Clinical Manifestations

• The infant with NATP is at risk for intracranial hemorrhage in utero and during the immediate delivery process.
• In ITP, the greatest risk seems to be present during passage through the birth canal, during which molding of the head may induce intracranial hemorrhage

Treatment

• Administration of IV immunoglobulin before delivery has been shown to be effective in increasing fetal platelet counts and may alleviate thrombocytopenia in the infant in cases of NATP and ITP.
• Delivery by cesarean section is recommended to prevent CNS bleeding.
• Neonates with severe thrombocytopenia (platelet counts 20,000/mm3) may be treated with IV immunoglobulin or corticosteroids or both until the period of thrombocytopenia remits.
• If necessary, infants with NATP may receive washed maternal platelets.

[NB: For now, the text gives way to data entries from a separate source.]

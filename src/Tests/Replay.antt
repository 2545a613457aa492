-- ===== src/Tests/Replay.antt =====
-- Runs of src/core/replay-pruning.ts and src/core/replay-manager.ts.
use cross_tab_worker_databus.Base.{
  ℕ, ◌≤◌, min, ◌≡◌, refl, ap, ◌≢◌, ◌⊎◌, inl, true, false, ◌&&◌, Option, none, some, List, [], ◌∷◌,
  ◌++◌, map, arith, is_some, filterb, suffix,
}
use cross_tab_worker_databus.Base.JsMap.{get}
use cross_tab_worker_databus.Base.JsString.{text, text_has_eq, eqb}
use cross_tab_worker_databus.Types.{Message, PruneStrategy}
use cross_tab_worker_databus.Routing.Topics.{is_wildcard_topic}
use cross_tab_worker_databus.Replay.Pruning.{prune_replay_history, is_timestampless}
use cross_tab_worker_databus.Replay.PruningLaws.{strategy, fresh, prune_replay_history-age}
use cross_tab_worker_databus.Replay.Retry.{Attempt, thrown, with_persistence_retry}
use cross_tab_worker_databus.Replay.RetryLaws.{Ends, with_persistence_retry-Ends}
use cross_tab_worker_databus.Replay.Manager.{
  Persistence, Deps, Hydration, ReplayManager, pruned, deliver, mark_replayed, other_topic, suspend,
  reset_buffers, clear_topic_state,
}
use cross_tab_worker_databus.Replay.Hydration.{load_settled, request_hydration, begin_hydration}
use cross_tab_worker_databus.Replay.Events.{
  Event, recorded, topic_cleared, suspended, load_finished, fields, init, run,
}
use cross_tab_worker_databus.Replay.Frame.{Keeps}
use cross_tab_worker_databus.Replay.Buffers.{IsValid}
use cross_tab_worker_databus.Replay.Capped.{run-init-IsCapped}
use cross_tab_worker_databus.Replay.Slot.{load_settled-superseded, load_settled-accepted}
use cross_tab_worker_databus.Replay.Delivery.{buffer_of, record_all, of_topic, deliver-record_all}
use cross_tab_worker_databus.Replay.Merge.{taken, load_settled-buffer_of, clear_topic_state-lasts}

abbrev message : ℕ → Option ℕ → Message ℕ
message n at = record {
  topic = text "t";
  payload = n;
  message_id = none;
  timestamp = at;
  replayed = false;
  origin_tab_id = none;
}

abbrev history : List (Message ℕ)
history = message 1 (some 5) ∷ message 2 none ∷ message 3 (some 90) ∷ message 4 none ∷ []

prune_replay_history-age_example :
    let kept = prune_replay_history history (strategy 1 PruneStrategy.age 20 100) in
    (filterb (λ m. is_some m.timestamp) kept
      ≡ filterb (λ m. is_some m.timestamp && fresh 100 20 m) history)
    × (filterb is_timestampless kept ≡ suffix 1 (filterb is_timestampless history))
prune_replay_history-age_example = prune_replay_history-age 1 20 100 history

abbrev failing : Attempt ℕ
failing = record { outcome = none; settled_generation = 0; delayed_generation = 0 }

with_persistence_retry-Ends_example :
    let r = with_persistence_retry 0 2 50 (failing ∷ failing ∷ []) in
    (n : ℕ) × Ends 0 n (failing ∷ failing ∷ []) r.settlement
    × (r.attempts ≡ n)
    × (n ≤ 2)
    × ((r.settlement ≢ thrown) ⊎ (n ≡ 2))
with_persistence_retry-Ends_example =
    with_persistence_retry-Ends 0 2 50 (failing ∷ failing ∷ []) (omega arith) (omega arith)

abbrev backend : Persistence
backend = record { append_batch = true; clear = true; clear_topic = true; clear_before = true }

abbrev deps : Deps
deps = record {
  enabled = true;
  max_per_topic = 2;
  persistence = some backend;
  retention_ms = none;
  prune_strategy = PruneStrategy.count;
  retention_sweep_ms = none;
}

abbrev flying : Hydration
flying = record { epoch = 0; generation = 0 }

abbrev events : List (Event ℕ)
events =
    recorded (message 1 none) 0 0
    ∷ load_finished flying (some history) 0
    ∷ topic_cleared (text "t")
    ∷ suspended
    ∷ []

run-init-IsCapped_example : IsValid deps (run (init deps 0) events)
run-init-IsCapped_example = run-init-IsCapped deps 0 events (omega arith, inl refl)

-- A manager whose load is in flight, with one live message.
abbrev loading : ReplayManager ℕ
loading = record (fields deps) {
  buffers = some ((text "t", message 7 none ∷ []) ∷ []);
  hydration = some flying;
}

load_settled-superseded_example :
    Keeps
      (run (suspend loading) events)
      (load_settled (run (suspend loading) events) flying (some history) 9)
    × Keeps
        (run (reset_buffers loading) events)
        (load_settled (run (reset_buffers loading) events) flying (some history) 9)
load_settled-superseded_example =
    load_settled-superseded loading events flying (some history) 9 (omega arith) (omega arith)

load_settled-accepted_example :
    let s : ReplayManager ℕ = run (init deps 0) [] in
    let t = load_settled s flying (some history) 9 in
    (t.hydration_complete ≡ true)
    × (t.hydration_failed ≡ false)
    × (t.hydration ≡ none)
    × (request_hydration s 9 ≡ s)
unfolding request_hydration begin_hydration
load_settled-accepted_example = load_settled-accepted deps 0 [] flying history 9 refl

load_settled-buffer_of_example :
    buffer_of (text "t") (load_settled loading flying (some history) 9)
    ≡ pruned loading 9 (taken loading (text "t") history ++ buffer_of (text "t") loading)
load_settled-buffer_of_example =
    load_settled-buffer_of loading flying history 9 (text "t") refl refl

clear_topic_state-lasts_example :
    let t = clear_topic_state loading (text "t") in
    (buffer_of (text "t") t ≡ [])
    × (t.pending_replay_persistence
        ≡ filterb (other_topic (text "t")) loading.pending_replay_persistence)
    × (buffer_of (text "t") (load_settled t flying (some history) 9) ≡ [])
    × (buffer_of (text "u") t ≡ buffer_of (text "u") loading)
clear_topic_state-lasts_example =
    clear_topic_state-lasts loading (text "t") (text "u") flying (some history) 9 refl (λ e.
      let f : eqb (text "u") (text "u") ≡ eqb (text "u") (text "t") = ap (eqb (text "u")) e in cc)

abbrev calls : List (Message ℕ × ℕ × ℕ)
calls = (message 1 none, 0, 0) ∷ (message 2 none, 1, 1) ∷ (message 3 none, 2, 2) ∷ []

deliver-record_all_example :
    deliver (record_all (fields deps) calls) (text "t") 5
    ≡ map mark_replayed (suffix (min 5 2) (of_topic (text "t") calls))
unfolding get is_wildcard_topic
deliver-record_all_example =
    deliver-record_all (fields deps) (text "t") 5 calls (omega arith, inl refl) refl refl refl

• A common disorder in children that usually follows an acute viral infection.
• Childhood ITP is caused by an antibody (IgG or IgM) that binds to the platelet membrane. The condition results in splenic destruction of antibody-coated platelets.

Clinical Manifestations

• Young children typically exhibit ITP 1 to 4 weeks after viral illness, with abrupt onset of petechiae, purpura, and epistaxis.
• The thrombocytopenia usually is severe.
• Significant adenopathy or hepatosplenomegaly is unusual, and the RBC and WBC counts are normal.

Laboratory Diagnosis

• Based on clinical presentation and the platelet count and often does not require a bone marrow examination.
• If atypical findings are noted, however, marrow examination is indicated to rule out an infiltrative disorder (leukemia) or an aplastic process (aplastic anemia).
• Examination of the bone marrow reveals increased megakaryocytes and normal erythroid and myeloid elements.

Treatment and Prognosis

• Therapy does not affect the long-term outcome of ITP but is intended to increase the platelet count acutely.
• For clinical bleeding or severe thrombocytopenia (platelet count <20,000/mm3), therapeutic options include
• prednisone, 2 to 4 mg/kg/24 hours for 2 weeks;
• IV immunoglobulin, 1 g/kg/24 hours for 1 to 2 days; or
• IV anti-D (WinRho SD), 50 to 75 μg/kg/dose for Rh-positive individuals.
• Splenectomy is indicated in acute ITP only for life-threatening bleeding.
• Approximately 80% of children have a spontaneous resolution of ITP within 6 months after diagnosis.
• Serious bleeding, especially intracranial bleeding, occurs in less than 1% of patients with ITP.
• ITP that persists for 6 to 12 months is classified as chronic ITP.
• Repeated treatments with IV immunoglobulin or IV anti-D or high-dose pulse steroids have been effective in delaying the need for splenectomy.